The simulation study revealed that when the variance on the latent scale is small, the estimation properties of the Laplace estimation algorithm deteriorate considerably. The algorithm becomes more biased and imprecise as well as unstable and slow. All these negative properties increase due to difficulties in finding the maximum of the log-likelihood function for each subject. This maximization is necessary to approximate the marginal likelihood using the Laplace method. The SAEM algorithm, on the other hand, does not need to find these maxima. More importantly, the sampling-based algorithm is very well suited to handle the situation when some region of the “\(\eta \)-space” evaluates to a very low log-likelihood. In that case, the Markov chain will simply not explore that region and since the log-likelihood contribution from that area is low (even when considering the true log-likelihood), the estimation performance does not suffer from the numerical instability. This explains why the SAEM algorithm performs equally well with both implementations.

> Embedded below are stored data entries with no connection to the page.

-- ===== src/Text.antt =====
-- What the services use of Go's `strings` package, on byte strings.
pub mod Split
use Prim.Native.Nat.{pred}
use rootenv.Common.{
  ℕ, zero, suc, Bool, true, false, ◌||◌, Option, none, some, List, [], ◌∷◌, ◌++◌, Bytes, ◌==◌,
  nat_eq, leb, ◌&&◌, if◌then◌else◌,
}

abbrev pub slash : ℕ
slash = b'/'

abbrev pub newline : ℕ
newline = b'\n'

-- `strings.TrimLeftFunc`
unfoldable pub trim_left : (ℕ → Bool) → Bytes → Bytes
trim_left p [] = []
trim_left p (c ∷ cs) = let rest = trim_left p cs in if p c then rest else c ∷ cs

-- A byte in front of what is left of the text behind it.
abbrev pub keep_before : (ℕ → Bool) → ℕ → Bytes → Bytes
keep_before p c [] = if p c then [] else c ∷ []
keep_before p c (d ∷ ds) = c ∷ d ∷ ds

-- `strings.TrimRightFunc`
unfoldable pub trim_right : (ℕ → Bool) → Bytes → Bytes
trim_right p [] = []
trim_right p (c ∷ cs) = keep_before p c (trim_right p cs)

unfoldable pub trim : (ℕ → Bool) → Bytes → Bytes
unfolding trim_left trim_right
trim p s = trim_right p (trim_left p s)

abbrev pub is_slash : ℕ → Bool
is_slash c = c == slash

-- White space, for texts in ASCII.
abbrev pub is_space : ℕ → Bool
is_space c = c == b' ' || (leb 9 c && leb c 13)

-- `strings.TrimSpace`
unfoldable pub trim_space : Bytes → Bytes
unfolding trim
trim_space = trim is_space

-- What stands behind a prefix.
unfoldable pub strip_prefix? : Bytes → Bytes → Option Bytes
strip_prefix? [] s = some s
strip_prefix? (c ∷ p) [] = none
strip_prefix? (c ∷ p) (d ∷ s) = let rest = strip_prefix? p s in if c == d then rest else none

abbrev pub or_else {ℓ} : {A : Type ℓ} → Option A → A → A
or_else none d = d
or_else (some a) d = a

-- `strings.HasPrefix` and `strings.TrimPrefix`
abbrev pub is_some {ℓ} : {A : Type ℓ} → Option A → Bool
is_some none = false
is_some (some _) = true

abbrev pub has_prefix : Bytes → Bytes → Bool
has_prefix s p = is_some (strip_prefix? p s)

abbrev pub trim_prefix : Bytes → Bytes → Bytes
trim_prefix s p = or_else (strip_prefix? p s) s

-- A byte in front of the first piece.
abbrev pub before_first : ℕ → List Bytes → List Bytes
before_first c [] = (c ∷ []) ∷ []
before_first c (p ∷ ps) = (c ∷ p) ∷ ps

-- `strings.SplitN(s, sep, n)` for a separator of one byte; `zero` gives no piece.
unfoldable pub split_n : ℕ → Bytes → ℕ → List Bytes
split_n sep s zero = []
split_n sep s (suc zero) = s ∷ []
split_n sep [] (suc (suc n)) = [] ∷ []
split_n sep (c ∷ cs) (suc (suc n)) =
    if c == sep then [] ∷ split_n sep cs (suc n) else before_first c (split_n sep cs (suc (suc n)))

-- `strings.Split(s, sep)` for a separator of one byte
unfoldable pub split : ℕ → Bytes → List Bytes
split sep [] = [] ∷ []
split sep (c ∷ cs) = let rest = split sep cs in if c == sep then [] ∷ rest else before_first c rest

-- `strings.Join(parts, sep)` for a separator of one byte
unfoldable pub join : ℕ → List Bytes → Bytes
join sep [] = []
join sep (p ∷ []) = p
join sep (p ∷ q ∷ ps) = p ++ (sep ∷ join sep (q ∷ ps))

-- `strings.Cut` at a byte: what stands before its first occurrence, and what behind it.
unfoldable pub cut : ℕ → Bytes → Bytes × Option Bytes
cut sep [] = ([], none)
cut sep (c ∷ cs) =
    let (before, after) = cut sep cs in if c == sep then ([], some cs) else (c ∷ before, after)
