-- ===== src/Authenticator/Client.antt =====
-- services/relay-authenticator/internal/pbclient/client.go: the calls on PocketBase. The HTTP client
-- and the decoder of a reply's JSON are parameters.
pub mod Laws
use rootenv.Common.{
  ℕ, ◌+◌, ◌-◌, ◌/◌, ◌%◌, Bool, true, false, ◌&&◌, ◌||◌, String, Option, none, some, List, [], ◌∷◌,
  ◌++◌, Bytes, bytes_eq, nat_eq, codes, ◌==◌, leb, ltb, if◌then◌else◌,
}
use rootenv.Text.{trim_right, is_slash}

pub data Method : Type 0 where
  get post : Method

-- What the HTTP client answers: an error, or a status and a body.
pub data Reply (Body : Type 0) : Type 0 where
  failed : Reply Body
  replied : ℕ → Body → Reply Body

-- `send` builds the request with its token and does it; the decoders read `record.id` of a user
-- reply and `user` of an attempt reply, "" where the field is missing, `none` on malformed JSON.
pub record Api : Type 1 where
  pub Body : Type 0
  pub send : Method → Bytes → Bytes → Reply Body
  pub user_id_of : Body → Option Bytes
  pub owner_of : Body → Option Bytes

pub record Client : Type 0 where
  pub base_url : Bytes

unfoldable pub new : Bytes → Client
new url = record { base_url = trim_right is_slash url }

pub data Result : Type 0 where
  ok : Bytes → Result
  err : Result

abbrev pub refresh_path : Bytes
refresh_path = codes "/api/collections/users/auth-refresh"

abbrev pub attempts_path : Bytes
attempts_path = codes "/api/collections/attempts/records/"

-- The bytes that `url.PathEscape` leaves as they are: letters, digits and these marks.
unfoldable pub is_unreserved : ℕ → Bool
is_unreserved c =
    (leb b'a' c && leb c b'z')
    || (leb b'A' c && leb c b'Z')
    || (leb b'0' c && leb c b'9')
    || c == b'-'
    || c == b'_'
    || c == b'.'
    || c == b'~'
    || c == b'$'
    || c == b'&'
    || c == b'+'
    || c == b'='
    || c == b':'
    || c == b'@'

unfoldable pub hex_digit : ℕ → ℕ
hex_digit n = if ltb n 10 then b'0' + n else b'A' + (n - 10)

unfoldable pub escape_byte : ℕ → Bytes
escape_byte c =
    if is_unreserved c then c ∷ [] else b'%' ∷ hex_digit (c / 16) ∷ hex_digit (c % 16) ∷ []

-- `url.PathEscape`
unfoldable pub path_escape : Bytes → Bytes
path_escape [] = []
path_escape (c ∷ cs) = escape_byte c ++ path_escape cs

abbrev pub attempt_url : Client → Bytes → Bytes
attempt_url c attempt = c.base_url ++ (attempts_path ++ path_escape attempt)

abbrev decoded : Option Bytes → Result
decoded none = err
decoded (some s) = ok s

abbrev decoded_user : Option Bytes → Result
decoded_user none = err
decoded_user (some id) = if id == [] then err else ok id

module _ (api : Api) where
  open api use {Body, send, user_id_of, owner_of}

  pub user_reply : Reply Body → Result
  user_reply failed = err
  user_reply (replied status body) =
      if status == 401 || status == 403
      then err
      else if status == 200
      then decoded_user (user_id_of body)
      else err

  -- `ValidateToken`
  unfoldable pub validate_token : Client → Bytes → Result
  unfolding user_reply
  validate_token c token = user_reply (send post (c.base_url ++ refresh_path) token)

  pub attempt_reply : Reply Body → Result
  attempt_reply failed = err
  attempt_reply (replied status body) =
      if status == 403 || status == 404 || status == 401
      then err
      else if status == 200
      then decoded (owner_of body)
      else err

  -- `GetAttempt`
  unfoldable pub get_attempt : Client → Bytes → Bytes → Result
  unfolding attempt_reply
  get_attempt c token attempt = attempt_reply (send get (attempt_url c attempt) token)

For scenario S3, the Laplace algorithm was not able to accurately estimate the inter-individual variability of the within-subject variability parameter \(\sigma \), independent of the log-likelihood implementation. SAEM, in contrast, achieved accurate estimates with both implementations. These findings indicate that for more complex within-subject variability models the likelihood approximation performed by the Laplace algorithm might be too crude and the use of the SAEM algorithm could be indicated. In terms of runtime, the SAEM algorithm is much slower than the Laplace algorithm, even more so when the log-likelihood surface is rather flat (as in scenario S1 with a \(\theta_\sigma \) value of 1).

A disadvantage of the numerically more stable log-likelihood implementation, presented here, is its increased complexity and a resulting higher risk of coding errors. In order to mitigate these risks, we have made the improved implementation available in the R package piraid which can generate scaffold code for a simple BI model [14]. The package provides an aid for the pharmacometric modelling of composite score outcomes and currently supports the BI, the coarsened grid, and the continuous variable model, as well as, item response theory models [15]. For the BI model, the user can select the desired log-likelihood implementation and we intend to make the improved implementation the default going forward.

Even if the topic of numerical stability might be particularly relevant for the BI model (due to the involvement of the cumulative normal distribution function), our findings should encourage modellers to consider numerics also for other types of models. This is especially important when implementing models using the log-likelihood expression directly. Some of the numerical tweaks used in this paper can be helpful and future research should investigate their value in other contexts.